> [Requirement]: Return each line of the data below that contains the string "Prelude".

> [Data section]:
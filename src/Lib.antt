-- ===== src/Lib.antt =====
-- A verification library for onramp, which gives Go programs listeners and dialers on I2P and Tor.
--
-- The parts of the program, and how they meet. The package hybrid2 sends datagrams to I2P destinations: for
-- each destination a `SenderState` decides whether a message goes as an authenticated datagram2 or as a
-- datagram3, which carries only a hash of its sender; at the other end a `ReceiverState` learns the
-- address of a hash from datagram2s and tells it for datagram3s. Datagram2s also carry ACK requests and
-- ACK responses. The package hybrid1 frames datagrams as i2pd does. Both keep their senders in a map
-- through internal/hybridcommon. onion.go counts the users of one shared Tor process and keeps the
-- `Onion`s of the package-level functions in a map. garlic.go opens one PRIMARY session for each `Garlic`,
-- and under it stream sessions for its listeners and dialers, one for each pair of virtual ports, and a
-- hybrid session for its packets. common.go chooses between the two by a hostname, and has the
-- directories in which the keys of both are kept; proxy.go passes connections on to either.
--
-- Which file models what. A function keeps the name of the source's, in lower case with underscores; a
-- record has the source's fields, less those that nothing reads and the handles of other libraries.
--   Hybrid2/Config, Sender, Receiver, Session: hybrid2/config.go, the types of hybrid2/types.go, the methods
--     of `SenderState` in hybrid2/sender.go, those of `ReceiverState` in hybrid2/receiver.go, and
--     hybrid2/session.go
--   Hybrid2/Wire, Send: the framing of ACKs and the sending calls of hybrid2/sender.go
--   Hybrid2/Receive: the receive loops of hybrid2/receiver.go
--   Hybrid2/Conn, Stats: `HybridPacketConn` and the path statistics of hybrid2/session.go
--   Hybrid2/Opening: the constructors and the round of `ackCleanupLoop` of hybrid2/session.go, with
--     `NewSessionFromSAM` of internal/hybridcommon/integration.go
--   Hybrid2/Running: the goroutines of a session, with the calls between their steps
--   Hybrid2/Delivery: a sender and a receiver's table on one path
--   Hybrid1/Frame, Session, Conn: hybrid1/packetconn.go, hybrid1/session.go
--   Hybridcommon/Maps: internal/hybridcommon/maps.go, and in Maps/Threads its interleavings
--   Onion, Onion/Refs, Onion/Managed: `getTor` and `Close` of onion.go, and the package-level functions over the map
--     `onions`; Onion/Races is about two threads in `getTor`; Onion/Calls: the methods of one `Onion`
--   Garlic/Ports: the virtual ports of garlic.go; Garlic/Sessions, Calls, Closing: what a `Garlic` opens,
--     its calls, `Close` and the constructor; Garlic/Histories: sequences of calls; Garlic/Managed: the
--     package-level functions of garlic.go, with the registry and the hooks of cleanup.go
--   Hybridcommon/Integration: internal/hybridcommon/integration.go, and the constructors and `Close` that
--     hybrid1/integration.go and hybrid2/integration.go have alike; Hybrid1/Opening and Hybrid2/Integration
--     apply them to the sessions of the two packages; Hybrid1/Integration: its calls that send and receive
--   Routing: `Dial`, `Listen` and `CloseAll` of common.go, over Garlic/Managed and Onion/Managed
--   Garlic/Naming, Listening: the ids and texts of a `Garlic`, and `Listen` and `ListenTLS`;
--     Garlic/Managed/Finalizers: the finalizers of cleanup.go
--   Keystore: the keystores of common.go; Keystore/I2p and Keystore/Onion: the keys of garlic.go and those
--     of onion.go
--   Tls: `CreateTLSCertificate` of tls.go and the files that it writes; Tls/Loading: `TLSKeys`; Tls/Names:
--     the names of a certificate
--   Embedded: garlic_sam_embed.go
--   Proxy: proxy.go, over Garlic and Onion
--   Prelude: Go's maps, byte order, clock and floats, and what the other files share; Samples and the
--     modules Tests apply the theorems to values
--
-- How it is modelled. State is passed explicitly and a call that can fail returns its error with the
-- state that it leaves. A uint64 is a natural number with its wrap-around written out, a map an
-- association list with each key once, and a channel a list with its capacity. A time is a number of
-- nanoseconds, 0 the zero time; a call that reads the clock several times takes the readings as a
-- function of their number. A method under a mutex is one step; methods of several goroutines are
-- modelled one at a time, but for Hybridcommon/Maps/Threads and Onion/Races, which interleave critical
-- sections, for Hybrid2/Running, whose steps are the rounds of a session's loops and the calls of
-- the application, and for a `select`, whose choice is an argument or a relation. A loop over a list is a
-- recursion over it. Two recursions take fuel: the wait for a bridge, whose fuel of one round more than
-- the intervals of its timeout is shown to be enough, and the printing of a number, which gets one more
-- than the number. A panic is `none` or an error of its own, and so is the end of the program by which
-- `runtime.SetFinalizer` answers where a finalizer is set.
--
-- Parameters: `Keys` is the library i2pkeys and SHA-256, `Floats` the float64 arithmetic, `net` and
-- `Network` what the SAM library answers to a packet, `resolve` its `ResolveSource`; what `tor.Start`
-- gives, which may be a Tor beside an error, and whether Tor stops are arguments. For a `Garlic`,
-- `Outside` is what the SAM library answers to each kind of request, whether there are keys, and the
-- random number; `lookup_port` is
-- `net.LookupPort`, and `Library` adds the hostname that net/url reads; `Closes` is which sessions close
-- without an error. What the library has open is a list of handles: a PRIMARY session takes with it what
-- stands under it, as the library documents. For tls.go, `Answer` is what the steps of the packages crypto
-- and os give. For the keystores, `Filepath` and `Os` are the packages filepath and os, `KeyFile` and
-- `Sam` what i2pkeys reads and writes and what SAM gives, and `OnionKeys` and `Generation` the same for
-- Tor; `parse_ip` is `net.ParseIP`, `AddressTexts` the texts of an address, and `Registry` that of
-- go-sam-bridge.
--
-- Not modelled: the loop of the signal handler in cleanup.go; the empty configurations and the context
-- that an `Onion` hands to the Tor library; the constant fields of the template of a certificate;
-- the copying of bytes in proxy.go, whose connections are served one after the other;
-- nullconn.go, gen.go and garlic_config.go, which have constants only; log messages and the texts of
-- errors; options and timers; the goroutines around the rounds of hybrid1.
pub mod Prelude
pub mod Keys
pub mod Hybridcommon
pub mod Hybrid1
pub mod Hybrid2
pub mod Onion
pub mod Samples
pub mod Garlic
pub mod Routing
pub mod Tls
pub mod Keystore
pub mod Embedded
pub mod Proxy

> [Your response]:
--   Prelude: Go's maps, byte order, clock and floats, and what the other files share; Samples and the
pub mod Prelude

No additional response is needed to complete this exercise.